美しい国

小泉内閣メールマガジンが終了したと思ってそのままにしていたら、今朝「安倍内閣メールマガジン(創刊準備号)」なるメールが送られてきました*1


ABEさんについては、何を言いたいのかよくわからない人…という印象を持っています。「美しい国」というキャッチコピーをしきりと連呼しておられるようですが、それが何を意味しているのかわかりません。

 私は、毎日額に汗して働き、家族を愛し、未来を信じ、地域をよくしたいと願っているすべての国民のための政治をしっかりと行っていきたい。そのために「美しい国創り内閣」を組織いたしました。

 かつて、日本を訪れたアインシュタインは、「日本人が本来もっていた、個人に必要な謙虚さと質素さ、日本人の純粋で静かな心、それらのすべてを純粋に保って、忘れずにいてほしい」という言葉を残しました。

 日本は、世界に誇りうる美しい自然に恵まれた長い歴史、文化、伝統を持つ国です。アインシュタインが賞賛した日本人の美徳を保ちながら魅力あふれる活力に満ちた国にすることは十分可能です。日本人にはその力がある、私はそう信じています。

 今日よりも明日がよくなる、豊かになっていく、そういう国を目指していきたい。世界の国々から信頼され、そして尊敬され、みんなが日本に生まれたことを誇りに思える「美しい国、日本」をつくっていきたいと思います。
(「安倍内閣メールマガジン(創刊準備号)」より)

先日つれあいとも話していたのですが、「美しい」という価値判断には、「誰から見て美しいのか」という主観の問題が必ず関わってきます。人それぞれ、何をもって「美しい」と感じるかは、バラバラなのです。
私自身も「日本の自然・四季は美しいなあ」と思いますが、それはABEさんが「美しい」と思うポイントとは、ずれているかもしれません。また、ここでABE氏はアインシュタインの言葉を引用していますが、これとて見る人によっては「日本人の引っ込み思案でケチで狭量な心」と読み替えられるかもしれません。そうした人の価値判断は、ないがしろにされてしまうのでしょうか?
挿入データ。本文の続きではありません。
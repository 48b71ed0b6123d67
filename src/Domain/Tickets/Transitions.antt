-- ===== src/Domain/Tickets/Transitions.antt =====
-- src/domain/tickets/ticket.ts, transitionTicket and transitionTicketPath.
pub mod Routes
pub mod Single
pub mod Invariant
use toaa.Base.{
  Bool, List, [], ◌∷◌, Option, none, some, Result, ok, ◌>>=◌, ◌>>◌, require, same, is_some, ◌&&◌,
  not, if◌then◌else◌,
}
use toaa.Domain.StateMachine.{
  StateTransitions, InvalidTransition, includes, assert_state_transition,
}
use toaa.Domain.Objects.{ObjectId, Timestamp, revise_object_envelope}
use toaa.Domain.Roles.{PendingReason}
use toaa.Domain.Tickets.Types.{
  TicketState, created, in_progress, pending, resolved, reopened, cancelled, closed,
}
use toaa.Domain.Tickets.Ticket.{Ticket, ticket_type, is_corrective_ticket}

-- What the transition throws.
pub data TransitionError : Type 0 where
  invalid_transition : InvalidTransition TicketState → TransitionError
  pending_reason_required : ObjectId → TransitionError
  solution_required : ObjectId → TransitionError
  assignment_required : ObjectId → TransitionError

-- `TICKET_TRANSITIONS`
unfoldable pub ticket_transitions : StateTransitions TicketState
ticket_transitions created = in_progress ∷ pending ∷ cancelled ∷ []
ticket_transitions in_progress = pending ∷ resolved ∷ cancelled ∷ []
ticket_transitions pending = in_progress ∷ cancelled ∷ []
ticket_transitions resolved = closed ∷ reopened ∷ []
ticket_transitions reopened = in_progress ∷ cancelled ∷ []
ticket_transitions cancelled = reopened ∷ closed ∷ []
ticket_transitions closed = []

unfoldable pub TicketState-discrete : Discrete TicketState
TicketState-discrete = hlevel

abbrev pub same_state : TicketState → TicketState → Bool
same_state = same TicketState-discrete

-- The three checks in the body of the loop, in their order.
unfoldable pub check_entry :
    Ticket → Option PendingReason → TicketState → Result TransitionError (Unit {0})
unfolding is_corrective_ticket TicketState-discrete
check_entry t reason next = do
  require (not (same_state next pending && not (is_some reason))) (pending_reason_required t.id)
  require
      (not (
        same_state next resolved
        && is_corrective_ticket (ticket_type t)
        && not (is_some t.solution)))
      (solution_required t.id)
  require (not (same_state next in_progress && not (is_some t.active_assignment_id)))
      (assignment_required t.id)

-- One round of the loop: the new value of `current`.
unfoldable pub enter :
    Ticket → Option PendingReason → TicketState → TicketState → Result TransitionError TicketState
enter t reason current next = do
  changed ← assert_state_transition TicketState-discrete current next ticket_transitions (
      invalid_transition
        (record { machine = "ticket"; entity_id = t.id; from = current; to = next }))
  if changed then check_entry t reason next >> ok next else ok current

-- The loop over the path.
unfoldable pub walk :
    Ticket
    → Option PendingReason
    → TicketState
    → List TicketState
    → Result TransitionError TicketState
walk t reason current [] = ok current
walk t reason current (next ∷ path) = do
  current' ← enter t reason current next
  walk t reason current' path

-- The Ticket that the path leads to, with its one revision and the times of the states passed.
unfoldable pub arrive :
    Ticket → List TicketState → TicketState → Option PendingReason → Timestamp → Ticket
unfolding TicketState-discrete revise_object_envelope
arrive t path final reason now = record t {
  envelope = revise_object_envelope t.envelope none now;
  state = final;
  pending_reason = if same_state final pending then reason else none;
  resolved_at = if includes TicketState-discrete path resolved then some now else t.resolved_at;
  closed_at = if includes TicketState-discrete path closed then some now else t.closed_at;
  cancelled_at = if includes TicketState-discrete path cancelled then some now else t.cancelled_at;
}

-- `transitionTicketPath`
unfoldable pub transition_ticket_path :
    Ticket → List TicketState → Option PendingReason → Timestamp → Result TransitionError Ticket
unfolding arrive TicketState-discrete
transition_ticket_path t [] reason now = ok t
transition_ticket_path t (next ∷ rest) reason now = do
  final ← walk t reason t.state (next ∷ rest)
  ok (if same_state final t.state then t else arrive t (next ∷ rest) final reason now)

-- `transitionTicket`
unfoldable pub transition_ticket :
    Ticket → TicketState → Option PendingReason → Timestamp → Result TransitionError Ticket
transition_ticket t next reason now = transition_ticket_path t (next ∷ []) reason now
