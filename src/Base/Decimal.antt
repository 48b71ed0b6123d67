-- ===== src/Base/Decimal.antt =====
-- `String(n)` and `padStart(4, '0')` for the numbers in display names.
use Prim.Native.Nat.{ℕ, zero, suc, ◌+◌, ◌/◌, ◌%◌}
use Prim.Native.String.{String, ◌++◌, slice}
use mathlib.Core.Bool.{true, false}
use toaa.Base.Tests.{ltb, if◌then◌else◌}

unfoldable digit : ℕ → String
digit n = slice "0123456789" n (n + 1)

-- The number has at most as many digits as the fuel, which is the number itself.
unfoldable digits : ℕ → ℕ → String
unfolding digit
digits zero n = digit n
digits (suc fuel) n = elim (ltb n 10) [
  | true ↦ digit n
  | false ↦ digits fuel (n / 10) ++ digit (n % 10)
]

unfoldable pub decimal : ℕ → String
unfolding digits
decimal n = digits n n

unfoldable pub padded : ℕ → String
unfolding decimal
padded n =
    if ltb n 10
    then "000" ++ decimal n
    else if ltb n 100
    then "00" ++ decimal n
    else if ltb n 1000
    then "0" ++ decimal n
    else decimal n
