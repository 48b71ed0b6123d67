-- ===== src/Application/TicketTrace.antt =====
-- src/application/project_management/ticket_trace_service.ts: how a Ticket's trace grows.
pub mod Growth
use Prim.Native.String.{◌++◌ as join}
use toaa.Base.{
  ℕ, ◌+◌, Bool, true, false, List, [], ◌∷◌, ◌++◌, Option, none, some, String, Result, ok, ◌>>◌,
  ◌==◌, or_else, or_option, keep, last?, length, ltb, sort,
}
use toaa.Base.Decimal.{padded}
use toaa.Domain.Objects.{
  ObjectId, ObjectEnvelope, Timestamp, Digest, ticket_trace_event, fresh_envelope,
  revise_object_envelope,
}
use toaa.Domain.Roles.{DomainRole}
use toaa.Domain.Tickets.Types.{TicketState}
use toaa.Domain.Tickets.Ticket.{Ticket}
use toaa.Domain.ProjectManagement.Assignment.{AssignmentState}
use toaa.Domain.ProjectManagement.Trace.{
  TicketTraceEventType, TraceHashInput, TicketTraceEvent, TraceError, next_sequence, event_id,
  chain_hash, verify_ticket_trace,
}

-- `TicketTraceAppendInput`
pub record TicketTraceAppendInput : Type 0 where
  pub event_type : TicketTraceEventType
  pub initiator_actor_id : ObjectId
  pub initiator_role : DomainRole
  pub assignment_id : Option ObjectId
  pub from_owner_actor_id : Option ObjectId
  pub to_owner_actor_id : Option ObjectId
  pub from_ticket_state : Option TicketState
  pub to_ticket_state : Option TicketState
  pub from_assignment_state : Option AssignmentState
  pub to_assignment_state : Option AssignmentState
  pub reason_code : String
  pub reason : String
  pub evidence_refs : Option (List String)
  pub correlation_id : ObjectId
  pub causation_id : Option ObjectId
  pub correction_of_event_id : Option ObjectId
  pub occurred_at : Option Timestamp

-- What the loop draws from outside for one event: a fresh id and the time.
pub record Draw : Type 0 where
  pub fresh_id : ObjectId
  pub clock : Timestamp

-- `${ticket.name}-TRACE-${…}`
unfoldable pub trace_name : String → ℕ → String
unfolding padded
trace_name name sequence = join name (join "-TRACE-" (padded sequence))

-- `hashInput` of one round of the loop of `build`.
unfoldable pub hash_input :
    Ticket → Option TicketTraceEvent → Draw → TicketTraceAppendInput → TraceHashInput
hash_input t previous draw input = record {
  envelope =
      fresh_envelope draw.fresh_id (trace_name t.name (next_sequence previous)) ticket_trace_event
        t.project_id none (or_else input.occurred_at draw.clock);
  ticket_id = t.id;
  phase_id = t.phase_id;
  step_id = t.step_id;
  assignment_id = input.assignment_id;
  sequence = next_sequence previous;
  event_type = input.event_type;
  initiator_actor_id = input.initiator_actor_id;
  initiator_role = input.initiator_role;
  from_owner_actor_id = input.from_owner_actor_id;
  to_owner_actor_id = input.to_owner_actor_id;
  from_ticket_state = input.from_ticket_state;
  to_ticket_state = input.to_ticket_state;
  from_assignment_state = input.from_assignment_state;
  to_assignment_state = input.to_assignment_state;
  reason_code = input.reason_code;
  reason = input.reason;
  evidence_refs = or_else input.evidence_refs [];
  correlation_id = input.correlation_id;
  causation_id = input.causation_id;
  correction_of_event_id = input.correction_of_event_id;
  previous_event_id = event_id previous;
  previous_event_hash = chain_hash previous;
  occurred_at = or_else input.occurred_at draw.clock;
}

-- `BuiltTicketTrace`
pub record BuiltTicketTrace : Type 0 where
  pub ticket : Ticket
  pub events : List TicketTraceEvent

abbrev pub first? : List TicketTraceEvent → Option TicketTraceEvent
first? [] = none
first? (event ∷ events) = some event

module _ (hash : TraceHashInput → Digest) where
  abbrev pub seal : TraceHashInput → TicketTraceEvent
  seal body = record { body = body; event_hash = hash body }

  -- The loop of `build`, with its variable `previous`.
  unfoldable pub build_events :
      Ticket
      → Option TicketTraceEvent
      → List (Draw × TicketTraceAppendInput)
      → List TicketTraceEvent
  build_events t previous [] = []
  build_events t previous ((draw, input) ∷ inputs) =
      let event = seal (hash_input t previous draw input) in
      event ∷ build_events t (some event) inputs

  -- The Ticket with the summary of its trace.
  unfoldable pub summarize :
      Ticket → List TicketTraceEvent → List TicketTraceEvent → Timestamp → Ticket
  summarize t existing events now = record t {
    envelope = revise_object_envelope t.envelope none now;
    trace_first_event_id = event_id (or_option (first? existing) (first? events));
    trace_last_event_id = event_id (last? events);
    trace_event_count = length existing + length events;
    trace_chain_hash = chain_hash (last? events);
  }

  -- `build`, on the trace that `list` has read. With no input nothing changes.
  unfoldable pub build :
      Ticket
      → List TicketTraceEvent
      → List (Draw × TicketTraceAppendInput)
      → Timestamp
      → BuiltTicketTrace
  build t existing [] now = record { ticket = t; events = [] }
  build t existing (input ∷ inputs) now =
      let events = build_events t (last? existing) (input ∷ inputs) in
      record { ticket = summarize t existing events now; events = events }

  -- `list`: the events of one Ticket in the order of their numbers, verified.
  unfoldable pub list_trace :
      ObjectId → List TicketTraceEvent → Result TraceError (List TicketTraceEvent)
  list_trace ticket_id objects = do
    let events =
        sort (λ a b. ltb a.sequence b.sequence) (keep (λ e. e.ticket_id == ticket_id) objects)
    verify_ticket_trace hash events
    ok events
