-- ===== src/Application/TicketMoves.antt =====
-- src/application/project_management/ticket_lifecycle_service.ts: what a move of a Ticket records.
use Prim.Native.String.{◌++◌ as join}
use toaa.Base.{
  ℕ, ◌+◌, Bool, true, false, ◌&&◌, List, [], ◌∷◌, ◌++◌, Option, none, some, String, String-discrete,
  is_some, or_else, or_option, same, if◌then◌else◌,
}
use toaa.Domain.Objects.{ObjectId, ObjectType, Timestamp}
use toaa.Domain.Roles.{PendingReason}
use toaa.Domain.Observability.{transition_payload, DomainEvent, create_domain_event}
use toaa.Domain.Tickets.Types.{TicketState}
use toaa.Domain.Tickets.Ticket.{Ticket, ticket_type}
use toaa.Domain.ProjectManagement.Assignment.{AssignmentState, TicketAssignment}
use toaa.Domain.ProjectManagement.Actor.{ActorRegistration}
use toaa.Domain.ProjectManagement.Trace.{TicketTraceEventType}
use toaa.Application.TicketTrace.{TicketTraceAppendInput, Draw}

-- `TicketTransitionInput`
pub record TicketTransitionInput : Type 0 where
  pub initiator_actor_id : Option ObjectId
  pub pending_reason : Option PendingReason
  pub reason_code : Option String
  pub reason : Option String
  pub evidence_refs : Option (List String)
  pub before_trace : List TicketTraceAppendInput

-- `assignment?.state === 'accepted'`
abbrev pub is_accepted : AssignmentState → Bool
is_accepted AssignmentState.accepted = true
is_accepted _ = false

abbrev pub has_accepted : Option TicketAssignment → Bool
has_accepted none = false
has_accepted (some a) = is_accepted a.state

-- `assignmentStateForTicket` for an accepted assignment.
unfoldable pub end_of_assignment : TicketState → Option AssignmentState
end_of_assignment TicketState.closed = some AssignmentState.completed
end_of_assignment TicketState.cancelled = some AssignmentState.cancelled
end_of_assignment _ = none

-- `assignmentStateForTicket`
unfoldable pub assignment_state_for_ticket :
    TicketState → Option TicketAssignment → Option AssignmentState
unfolding end_of_assignment
assignment_state_for_ticket next assignment =
    if has_accepted assignment then end_of_assignment next else none

-- `traceEventForTransition` into `in_progress`.
abbrev pub start_event : TicketState → TicketTraceEventType
start_event TicketState.pending = TicketTraceEventType.resumed
start_event TicketState.reopened = TicketTraceEventType.resumed
start_event _ = TicketTraceEventType.started

-- `traceEventForTransition`
unfoldable pub trace_event_for_transition : TicketState → TicketState → TicketTraceEventType
trace_event_for_transition from TicketState.in_progress = start_event from
trace_event_for_transition from TicketState.pending = TicketTraceEventType.pending
trace_event_for_transition from TicketState.resolved = TicketTraceEventType.resolved
trace_event_for_transition from TicketState.closed = TicketTraceEventType.closed
trace_event_for_transition from TicketState.reopened = TicketTraceEventType.reopened
trace_event_for_transition from TicketState.cancelled = TicketTraceEventType.cancelled
trace_event_for_transition from TicketState.created = TicketTraceEventType.correction

-- The text of a state in a template.
abbrev pub state_text : TicketState → String
state_text TicketState.created = "created"
state_text TicketState.in_progress = "in_progress"
state_text TicketState.pending = "pending"
state_text TicketState.resolved = "resolved"
state_text TicketState.reopened = "reopened"
state_text TicketState.cancelled = "cancelled"
state_text TicketState.closed = "closed"

-- `${ticket.name} …` and `ticket.${from}_to_${to}`
abbrev pub transition_reason : String → TicketState → TicketState → String
transition_reason name from to = join "Ticket " (
    join name (
      join " transitioned from " (join (state_text from) (join " to " (join (state_text to) ".")))))

abbrev pub transition_code : TicketState → TicketState → String
transition_code from to = join "ticket." (join (state_text from) (join "_to_" (state_text to)))

abbrev pub assignment_id_of : Option TicketAssignment → Option ObjectId
assignment_id_of none = none
assignment_id_of (some a) = some a.id

abbrev pub assignee_of : Option TicketAssignment → Option ObjectId
assignee_of none = none
assignee_of (some a) = some a.assignee_actor_id

abbrev pub state_of : Option TicketAssignment → Option AssignmentState
state_of none = none
state_of (some a) = some a.state

-- `text ? text : fallback`, where the empty text counts as none.
unfoldable pub or_text : Option String → String → String
or_text none fallback = fallback
or_text (some text) fallback = if same String-discrete text "" then fallback else text

-- What the traces of a path share.
pub record Move : Type 0 where
  pub ticket : Ticket
  pub initiator : ActorRegistration
  pub assignment : Option TicketAssignment
  pub assignment_next : Option AssignmentState
  pub input : TicketTransitionInput
  pub now : Timestamp

-- The trace of one state of the path; `is_final` for the last.
unfoldable pub transition_trace : Move → Bool → TicketState → TicketState → TicketTraceAppendInput
unfolding trace_event_for_transition or_text
transition_trace m is_final from to = record {
  event_type = trace_event_for_transition from to;
  initiator_actor_id = m.initiator.id;
  initiator_role = m.initiator.role;
  assignment_id = assignment_id_of m.assignment;
  from_owner_actor_id = assignee_of m.assignment;
  to_owner_actor_id =
      if is_final && is_some m.assignment_next then none else assignee_of m.assignment;
  from_ticket_state = some from;
  to_ticket_state = some to;
  from_assignment_state = state_of m.assignment;
  to_assignment_state = if is_final then m.assignment_next else none;
  reason_code =
      if is_final
      then or_text m.input.reason_code (transition_code from to)
      else transition_code from to;
  reason =
      if is_final
      then or_text m.input.reason (transition_reason m.ticket.name from to)
      else transition_reason m.ticket.name from to;
  evidence_refs = m.input.evidence_refs;
  correlation_id = m.ticket.source.correlation_id;
  causation_id = some m.ticket.id;
  correction_of_event_id = none;
  occurred_at = some m.now;
}

-- `path.map`, with its variable `fromState`.
unfoldable pub transition_traces :
    Move → TicketState → List TicketState → List TicketTraceAppendInput
unfolding transition_trace
transition_traces m from [] = []
transition_traces m from (to ∷ []) = transition_trace m true from to ∷ []
transition_traces m from (to ∷ next ∷ path) =
    transition_trace m false from to ∷ transition_traces m to (next ∷ path)

-- What is drawn from outside for each input, from a number on.
abbrev pub with_draws :
    (ℕ → Draw) → ℕ → List TicketTraceAppendInput → List (Draw × TicketTraceAppendInput)
with_draws draw n [] = []
with_draws draw n (input ∷ inputs) = (draw n, input) ∷ with_draws draw (n + 1) inputs

-- What the builder is given: the traces of the caller, then those of the path.
abbrev pub trace_inputs :
    (ℕ → Draw) → Move → List TicketState → List (Draw × TicketTraceAppendInput)
trace_inputs draw m path =
    with_draws draw 0 (m.input.before_trace ++ transition_traces m m.ticket.state path)

-- What is moved, once its parts are read.
unfoldable pub move_of :
    Timestamp
    → Ticket
    → Option TicketAssignment
    → ActorRegistration
    → TicketState
    → TicketTransitionInput
    → Move
unfolding assignment_state_for_ticket
move_of now t assignment initiator final input = record {
  ticket = t;
  initiator = initiator;
  assignment = assignment;
  assignment_next = assignment_state_for_ticket final assignment;
  input = input;
  now = now;
}

-- `updatedTicket`
unfoldable pub updated_ticket : Ticket → Ticket → Option AssignmentState → Ticket
updated_ticket transitioned traced assignment_next = record transitioned {
  trace_first_event_id = traced.trace_first_event_id;
  trace_last_event_id = traced.trace_last_event_id;
  trace_event_count = traced.trace_event_count;
  trace_chain_hash = traced.trace_chain_hash;
  active_assignment_id =
      if is_some assignment_next then none else transitioned.active_assignment_id;
}

-- The event that announces a move.
unfoldable pub transition_event :
    ObjectId → Move → TicketState → List TicketState → Ticket → DomainEvent
unfolding create_domain_event
transition_event id m final path updated =
    create_domain_event id
      (record {
        project_id = m.ticket.project_id;
        aggregate = record { id = m.ticket.id; object_type = ObjectType.ticket };
        event_type = join "ticket." (state_text final);
        payload =
            transition_payload (ticket_type m.ticket) m.ticket.state final path
              (assignee_of m.assignment) m.input.reason_code;
        phase_id = some m.ticket.phase_id;
        step_id = m.ticket.step_id;
        ticket_id = some m.ticket.id;
        correlation_id = m.ticket.source.correlation_id;
        causation_id = some m.ticket.id;
        object_revision = some updated.revision;
      })
      m.now

-- `input.initiatorActorId ?? assignment?.assigneeActorId ?? ticket.creatorActorId`
abbrev pub initiator_id : Ticket → Option TicketAssignment → TicketTransitionInput → ObjectId
initiator_id t assignment input =
    or_else (or_option input.initiator_actor_id (assignee_of assignment)) t.creator_actor_id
 メルマガ編集長をはなれてからも、私は、いろいろな人と話をする機会を大切にしてきました。

 いろいろな仕事を経験されて農業に再チャレンジした人。定年した後伝統文化の世界で活躍している人。非行少年の就職を支援している人。ホームレスから立ち直った人。起業を目指すフリーター。障害者が安心して外出できるようなまちづくりを訴える車椅子利用者。高齢者の雇用に取り組んでいる企業などなど。

 日本全国北から南まで、大勢の方々と話し合ってきました。何かに挑戦しようとしている人たちのご意見は大変参考になります。

 机上の議論だけでなく、実際にどういうことが必要なのか、何にみんなが困っているのか、苦しんでいるのか、壁は何なのか、いろいろな人の話を聞いていくことが、本当に求められている施策につながっていくものだと思います。
(「安倍内閣メールマガジン(創刊準備号)」より)

随分偏った方面の人たちばかりを挙げて「いろいろな人の話を聞いていくこと」が大事だと述べられていますが、そんなことよりも先に、リーダーたるABE氏自身の「美しさ」の判断基準をつまびらかにすることが、求められているのではないでしょうか?


「美しい」という言葉が人によってどれだけ違った意味で使われ、どれだけ他者を斥ける力を持っているか。「日本古来の美徳」への伝統回帰を叫んだ三島由紀夫は、この問題を小説『美しい星』で皮肉(自嘲?)を交えて描いています。